Stored data entries:
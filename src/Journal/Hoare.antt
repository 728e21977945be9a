-- ===== src/Journal/Hoare.antt =====
-- What holds of the journal after a transaction that succeeds, step by step.
use az_agent_platform_go.Prelude.{
  ◌≡◌, Bool, true, false, Option, none, some, ok, ok-injective, ap, subst, sym, if◌then◌else◌,
}
use az_agent_platform_go.Journal.{Journal, Tx, JournalError}
use az_agent_platform_go.Journal.Transactions.{◌>>=◌, ◌>>◌, require, require_some, put, pure, throw}
use az_agent_platform_go.Journal.Inversion.{Then-ok, next_ok, require_ok}

module _ (P : Journal → Type 0) where
  -- Every success from this journal ends in one that satisfies P.
  abbrev pub Ends : {A : Type 0} → Journal → Tx A → Type 0
  Ends {A} j t = (a : A) (k : Journal) → t j ≡ ok (a, k) → P k

  pub Ends-pure : {A : Type 0} (a : A) (j : Journal) → P j → Ends j (pure a)
  Ends-pure a j p b k h = subst P (ap (λ q. q.1) (ok-injective h)) p

  pub Ends-put : (i j : Journal) → P i → Ends j (put i)
  Ends-put i j p b k h = subst P (ap (λ q. q.1) (ok-injective h)) p

  pub Ends-throw : (A : Type 0) (e : JournalError) (j : Journal) → Ends {A = A} j (throw e)
  Ends-throw A e j b k h = cc

  pub Ends-then :
      {A B : Type 0} (m : Tx A) (f : A → Tx B) (j : Journal)
      → Ends j m
      → ((a : A) (i : Journal) → P i → Ends i (f a))
      → Ends j (m >>= f)
  Ends-then m f j p q b k h =
      let t = Then-ok m f j h in q t.value t.middle (p t.value t.middle t.first) b k t.second

  pub Ends-next :
      {B : Type 0} (m : Tx (Unit {0})) (n : Tx B) (j : Journal)
      → Ends j m
      → ((i : Journal) → P i → Ends i n)
      → Ends j (m >> n)
  Ends-next m n j p q b k h = let t = next_ok m n j h in q t.0 (p tt t.0 t.1) b k t.2

  pub Ends-require :
      {B : Type 0} (b : Bool) (e : JournalError) (n : Tx B) (j : Journal)
      → Ends j n
      → Ends j (require b e >> n)
  Ends-require true e n j p a k h = p a k h
  Ends-require false e n j p a k h = cc

  pub Ends-check : (b : Bool) (e : JournalError) (j : Journal) → P j → Ends j (require b e)
  Ends-check b e j p a k h = subst P (sym (require_ok b e j h).1) p

  pub Ends-some :
      {A B : Type 0} (o : Option A) (e : JournalError) (f : A → Tx B) (j : Journal)
      → ((a : A) → Ends j (f a))
      → Ends j (require_some o e >>= f)
  Ends-some none e f j p b k h = cc
  Ends-some (some a) e f j p b k h = p a b k h

  pub Ends-if :
      {B : Type 0} (b : Bool) (m n : Tx B) (j : Journal)
      → Ends j m
      → Ends j n
      → Ends j (if b then m else n)
  Ends-if true m n j p q = p
  Ends-if false m n j p q = q

  -- Where the second part ends well from anywhere, so does the whole.
  pub Ends-skip :
      {B : Type 0} (m : Tx (Unit {0})) (n : Tx B) (j : Journal)
      → ((i : Journal) → Ends i n)
      → Ends j (m >> n)
  Ends-skip m n j q b k h = let t = next_ok m n j h in q t.0 b k t.2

• **PROBLEM**: Show the data once more, exactly as it was written.

• **COMPLETED EXERCISE**:
filename src/Journal/Hoare.antt
repository 728e21977945be9a
-- ===== src/Journal/Hoare.antt =====
-- What holds of the journal after a transaction that succeeds, step by step.
use az_agent_platform_go.Prelude.{
  ◌≡◌, Bool, true, false, Option, none, some, ok, ok-injective, ap, subst, sym, if◌then◌else◌,
}
use az_agent_platform_go.Journal.{Journal, Tx, JournalError}
use az_agent_platform_go.Journal.Transactions.{◌>>=◌, ◌>>◌, require, require_some, put, pure, throw}
use az_agent_platform_go.Journal.Inversion.{Then-ok, next_ok, require_ok}

module _ (P : Journal → Type 0) where
  -- Every success from this journal ends in one that satisfies P.
  abbrev pub Ends : {A : Type 0} → Journal → Tx A → Type 0
  Ends {A} j t = (a : A) (k : Journal) → t j ≡ ok (a, k) → P k

  pub Ends-pure : {A : Type 0} (a : A) (j : Journal) → P j → Ends j (pure a)
  Ends-pure a j p b k h = subst P (ap (λ q. q.1) (ok-injective h)) p

  pub Ends-put : (i j : Journal) → P i → Ends j (put i)
  Ends-put i j p b k h = subst P (ap (λ q. q.1) (ok-injective h)) p

  pub Ends-throw : (A : Type 0) (e : JournalError) (j : Journal) → Ends {A = A} j (throw e)
  Ends-throw A e j b k h = cc

  pub Ends-then :
      {A B : Type 0} (m : Tx A) (f : A → Tx B) (j : Journal)
      → Ends j m
      → ((a : A) (i : Journal) → P i → Ends i (f a))
      → Ends j (m >>= f)
  Ends-then m f j p q b k h =
      let t = Then-ok m f j h in q t.value t.middle (p t.value t.middle t.first) b k t.second

  pub Ends-next :
      {B : Type 0} (m : Tx (Unit {0})) (n : Tx B) (j : Journal)
      → Ends j m
      → ((i : Journal) → P i → Ends i n)
      → Ends j (m >> n)
  Ends-next m n j p q b k h = let t = next_ok m n j h in q t.0 (p tt t.0 t.1) b k t.2

  pub Ends-require :
      {B : Type 0} (b : Bool) (e : JournalError) (n : Tx B) (j : Journal)
      → Ends j n
      → Ends j (require b e >> n)
  Ends-require true e n j p a k h = p a k h
  Ends-require false e n j p a k h = cc

  pub Ends-check : (b : Bool) (e : JournalError) (j : Journal) → P j → Ends j (require b e)
  Ends-check b e j p a k h = subst P (sym (require_ok b e j h).1) p

  pub Ends-some :
      {A B : Type 0} (o : Option A) (e : JournalError) (f : A → Tx B) (j : Journal)
      → ((a : A) → Ends j (f a))
      → Ends j (require_some o e >>= f)
  Ends-some none e f j p b k h = cc
  Ends-some (some a) e f j p b k h = p a b k h

  pub Ends-if :
      {B : Type 0} (b : Bool) (m n : Tx B) (j : Journal)
      → Ends j m
      → Ends j n
      → Ends j (if b then m else n)
  Ends-if true m n j p q = p
  Ends-if false m n j p q = q

  -- Where the second part ends well from anywhere, so does the whole.
  pub Ends-skip :
      {B : Type 0} (m : Tx (Unit {0})) (n : Tx B) (j : Journal)
      → ((i : Journal) → Ends i n)
      → Ends j (m >> n)
  Ends-skip m n j q b k h = let t = next_ok m n j h in q t.0 b k t.2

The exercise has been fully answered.